* **Task details**: Retype every entry below exactly as it stands.

Supplied entries Start Marker

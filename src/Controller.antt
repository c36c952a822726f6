-- ===== src/Controller.antt =====
-- background/gateway-controller.ts: pairing, unpairing and synchronisation, and how they interleave.
pub mod State
pub mod Pair
pub mod Unpair
pub mod Sync
pub mod Steps
pub mod Fence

Supplied entries End Marker

* **Response below**:
filename src/Controller.antt
repository c36c952a822726f6
-- ===== src/Controller.antt =====
-- background/gateway-controller.ts: pairing, unpairing and synchronisation, and how they interleave.
pub mod State
pub mod Pair
pub mod Unpair
pub mod Sync
pub mod Steps
pub mod Fence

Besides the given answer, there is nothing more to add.